What to produce: Lines of the records that hold the word "ProgramConfig" are to be counted; give the number and nothing more.

[Dataset entries]
•••••
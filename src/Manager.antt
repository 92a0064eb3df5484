-- ===== src/Manager.antt =====
-- supervisor-lib/src/process/process_manager.{h,cpp}: the table of processes.
-- The operations are in Manager/Table (the map), Manager/Loop (SIGCHLD, the timer and the wait),
-- Manager/Control (start, stop, remove) and Manager/Sync (reload).
pub mod Table
pub mod Lookup
pub mod Loop
pub mod Control
pub mod Sync
pub mod Reaping
pub mod Stopped
pub mod Waiting
pub mod Shutdown
pub mod Consistency
pub mod Operations
pub mod Shape
pub mod Steady
pub mod Reload
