-- ===== src/Process/Invariant.antt =====
-- process.cpp: what holds of a process between two operations, as long as none is started in STOPPING.
use supervisorcpp.Prelude.{ℕ, Bool, true, false, ℤ, pos, leb_ℤ, eq_ℤ, ◌⊎◌, ◌≡◌, ◌≢◌, refl, arith}
use supervisorcpp.Logger.Writer.{Io, Disk}
use supervisorcpp.Process.Types.{
  Process, ProgramConfig, State, starting, running, backoff, stopping, has_pid, elapsed_seconds,
  create_process,
}
use supervisorcpp.Process.Spawn.{SpawnAnswers}
use supervisorcpp.Process.Descriptors.{spawn-Keeps, spawn-child}
use supervisorcpp.Process.Life.{start, stop, kill, on_exit, update, update_in, WaitStatus}

-- The states in which a child is alive.
abbrev pub is_live : State → Bool
is_live starting = true
is_live running = true
is_live stopping = true
is_live _ = false

pub record IsConsistent (p : Process) : Type 0 where
  -- A child is tracked in exactly the live states.
  pub live_pid : has_pid p ≡ is_live p.state
  -- A process that waits for its next attempt has not used up its retries.
  pub budget :
      p.state ≡ backoff
      → (p.retry_count ≡ 0) ⊎ (leb_ℤ p.config.startretries (pos p.retry_count) ≡ false)
  -- A process that came up starts counting anew.
  pub fresh : p.state ≡ running → p.retry_count ≡ 0

-- `fork` does not return 0 in the parent.
abbrev pub IsParent : SpawnAnswers → Type 0
IsParent a = eq_ℤ a.child (pos 0) ≡ false

pub create-IsConsistent :
    (io : Io) (out err : Disk) (now : ℕ) (c : ProgramConfig)
    → IsConsistent (create_process io out err now c)
unfolding create_process
create-IsConsistent io out err now c = ground arith

-- `start` in any state but STOPPING, in which it would replace or leave the old child.
pub start-IsConsistent :
    (a : SpawnAnswers) (now : ℕ) (p : Process)
    → IsParent a
    → p.state ≢ stopping
    → IsConsistent p
    → IsConsistent (start a now p).0
unfolding start
start-IsConsistent a now p parent ok h = record {
  live_pid = ground (arith, spawn-Keeps a p, spawn-child a p);
  budget = ground (arith, spawn-Keeps a p, spawn-child a p);
  fresh = ground (arith, spawn-Keeps a p, spawn-child a p);
}

pub stop-IsConsistent :
    (kill_ok : Bool) (now : ℕ) (p : Process) → IsConsistent p → IsConsistent (stop kill_ok now p).0
unfolding stop
stop-IsConsistent kill_ok now p h = ground arith

pub kill-IsConsistent : (now : ℕ) (p : Process) → IsConsistent p → IsConsistent (kill now p).0
unfolding kill
kill-IsConsistent now p h = ground arith

pub on_exit-IsConsistent :
    (now : ℕ) (status : WaitStatus) (p : Process)
    → has_pid p ≡ true
    → IsConsistent p
    → IsConsistent (on_exit now status p)
unfolding on_exit
on_exit-IsConsistent now status p child h = ground arith

update_in-IsConsistent :
    (s : State) (wide_shift : ℕ → ℤ) (a : SpawnAnswers) (now elapsed : ℕ) (p : Process)
    → p.state ≡ s
    → IsParent a
    → IsConsistent p
    → IsConsistent (update_in s wide_shift a now elapsed p).0
unfolding update_in
update_in-IsConsistent starting wide_shift a now elapsed p e parent h = ground arith
update_in-IsConsistent backoff wide_shift a now elapsed p e parent h =
    ground (arith, start-IsConsistent a now p parent (λ s. cc) h)
update_in-IsConsistent _ wide_shift a now elapsed p e parent h = ground arith

pub update-IsConsistent :
    (wide_shift : ℕ → ℤ) (a : SpawnAnswers) (now : ℕ) (p : Process)
    → IsParent a
    → IsConsistent p
    → IsConsistent (update wide_shift a now p).0
unfolding update
update-IsConsistent wide_shift a now p parent h =
    update_in-IsConsistent p.state wide_shift a now (elapsed_seconds now p.state_change_time) p refl
      parent h
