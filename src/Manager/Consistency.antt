-- ===== src/Manager/Consistency.antt =====
-- process_manager.cpp: the invariant of Process/Invariant over the whole table, in the loops.
use supervisorcpp.Prelude.{
  ℕ, suc, Bool, true, ◌&&◌, List, [], ◌∷◌, some, ℤ, pos, ltb, ltb_ℤ, eq_ℤ, ◌≡◌, sym, subst, ◌∙◌,
  arith, inl, inr, Bool-cases, Bytes, bytes_eq,
}
use supervisorcpp.Process.Types.{Process}
use supervisorcpp.Process.Life.{Sent, WaitStatus}
use supervisorcpp.Process.Invariant.{
  IsConsistent, IsParent, on_exit-IsConsistent, update-IsConsistent,
}
use supervisorcpp.Manager.Table.{
  Table, Manager, Os, Turn, reaps, ticks, idles, find, set, replace, erase, sweep, bytes_lt,
}
use supervisorcpp.Manager.Loop.{notify, handle_sigchld, on_timer, take_turn, wait_turns, reap_until}

abbrev pub AllConsistent : Table → Type 0
AllConsistent [] = Unit
AllConsistent ((_, p) ∷ r) = IsConsistent p × AllConsistent r

some_eq : (q p : Process) → some q ≡ some p → q ≡ p
some_eq q p e = cc

pub AllConsistent-find :
    (name : Bytes) (t : Table) (p : Process)
    → AllConsistent t
    → find name t ≡ some p
    → IsConsistent p
unfolding find
AllConsistent-find name [] p h e = cc
AllConsistent-find name ((k, q) ∷ r) p h e = elim (Bool-cases (bytes_eq k name)) [
  | inl same ↦
      let taken : find name ((k, q) ∷ r) ≡ some q = ground arith in
      subst IsConsistent (some_eq q p (sym taken ∙ e)) h.0
  | inr other ↦
      let passed : find name ((k, q) ∷ r) ≡ find name r = ground arith in
      AllConsistent-find name r p h.1 (sym passed ∙ e)
]

pub AllConsistent-set :
    (name : Bytes) (p : Process) (t : Table)
    → IsConsistent p
    → AllConsistent t
    → AllConsistent (set name p t)
unfolding set
AllConsistent-set name p [] h g = (h, tt)
AllConsistent-set name p ((k, q) ∷ r) h g = elim (Bool-cases (bytes_eq k name)) [
  | inl same ↦ rw same (h, g.1)
  | inr other ↦ rw other (elim (Bool-cases (bytes_lt name k)) [
    | inl before ↦ rw before (h, (g.0, g.1))
    | inr behind ↦ rw behind (g.0, AllConsistent-set name p r h g.1)
  ])
]

pub AllConsistent-replace :
    (name : Bytes) (p : Process) (t : Table)
    → IsConsistent p
    → AllConsistent t
    → AllConsistent (replace name p t)
unfolding replace
AllConsistent-replace name p [] h g = tt
AllConsistent-replace name p ((k, q) ∷ r) h g = elim (Bool-cases (bytes_eq k name)) [
  | inl same ↦ rw same (h, g.1)
  | inr other ↦ rw other (g.0, AllConsistent-replace name p r h g.1)
]

pub AllConsistent-erase :
    (name : Bytes) (t : Table) → AllConsistent t → AllConsistent (erase name t)
unfolding erase
AllConsistent-erase name [] g = tt
AllConsistent-erase name ((k, q) ∷ r) g = elim (Bool-cases (bytes_eq k name)) [
  | inl same ↦ rw same g.1
  | inr other ↦ rw other (g.0, AllConsistent-erase name r g.1)
]

pub AllConsistent-sweep :
    (f : ℕ → Process → Process × List Sent) (n : ℕ) (t : Table)
    → ((n : ℕ) (p : Process) → IsConsistent p → IsConsistent (f n p).0)
    → AllConsistent t
    → AllConsistent (sweep f n t).0
unfolding sweep
AllConsistent-sweep f n [] keeps g = tt
AllConsistent-sweep f n ((k, p) ∷ r) keeps g =
    (keeps n p g.0, AllConsistent-sweep f (suc n) r keeps g.1)

pub AllConsistent-notify :
    (now : ℕ) (pid : ℤ) (status : WaitStatus) (t : Table)
    → ltb_ℤ (pos 0) pid ≡ true
    → AllConsistent t
    → AllConsistent (notify now pid status t)
unfolding notify
AllConsistent-notify now pid status [] h g = tt
AllConsistent-notify now pid status ((k, p) ∷ r) h g = elim (Bool-cases (eq_ℤ p.pid pid)) [
  | inl same ↦ rw same (on_exit-IsConsistent now status p (ground arith) g.0, g.1)
  | inr other ↦ rw other (g.0, AllConsistent-notify now pid status r h g.1)
]

pub AllConsistent-handle_sigchld :
    (now : ℕ) (l : List (ℤ × WaitStatus)) (t : Table)
    → AllConsistent t
    → AllConsistent (handle_sigchld now l t).0
unfolding handle_sigchld
AllConsistent-handle_sigchld now [] t g = g
AllConsistent-handle_sigchld now ((pid, status) ∷ r) t g = elim (Bool-cases (ltb_ℤ (pos 0) pid)) [
  | inl child ↦ rw child (
      AllConsistent-handle_sigchld now r (notify now pid status t)
        (AllConsistent-notify now pid status t child g))
  | inr none_left ↦ rw none_left g
]

-- Every fork answers as in the parent.
abbrev pub AllParent : Os → Type 0
AllParent os = (n : ℕ) → IsParent (os.spawns n)

module _ (os : Os) (parent : AllParent os) where
  pub AllConsistent-on_timer :
      (m : Manager) → AllConsistent m.process_map → AllConsistent (on_timer os m).process_map
  unfolding on_timer
  AllConsistent-on_timer m g =
      AllConsistent-sweep _ m.asked m.process_map
        (λ n p h. update-IsConsistent os.wide_shift (os.spawns n) (os.now n) p (parent n) h) g

  pub AllConsistent-take_turn :
      (turn : Turn) (m : Manager)
      → AllConsistent m.process_map
      → AllConsistent (take_turn os turn m).process_map
  unfolding take_turn
  AllConsistent-take_turn (reaps l) m g =
      AllConsistent-handle_sigchld (os.now m.asked) l m.process_map g
  AllConsistent-take_turn ticks m g = AllConsistent-on_timer m g
  AllConsistent-take_turn idles m g = g

  pub AllConsistent-wait_turns :
      (deadline : ℕ) (keep_waiting : Table → Bool) (turns : List (ℕ × Turn)) (m : Manager)
      → AllConsistent m.process_map
      → AllConsistent (wait_turns os deadline keep_waiting turns m).process_map
  unfolding wait_turns
  AllConsistent-wait_turns deadline keep_waiting [] m g = g
  AllConsistent-wait_turns deadline keep_waiting ((time, turn) ∷ r) m g =
      elim (Bool-cases (keep_waiting m.process_map && ltb time deadline)) [
        | inl waits ↦
            rw (waits, wait_turns)
              (AllConsistent-wait_turns deadline keep_waiting r (take_turn os turn m)
                (AllConsistent-take_turn turn m g))
        | inr stops ↦ rw (stops, wait_turns) g
      ]

  pub AllConsistent-reap_until :
      (seconds : ℕ) (keep_waiting : Table → Bool) (m : Manager)
      → AllConsistent m.process_map
      → AllConsistent (reap_until os seconds keep_waiting m).process_map
  unfolding reap_until
  AllConsistent-reap_until seconds keep_waiting m g =
      AllConsistent-wait_turns _ keep_waiting (os.turns m.asked) _ g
•••••
Written response: 2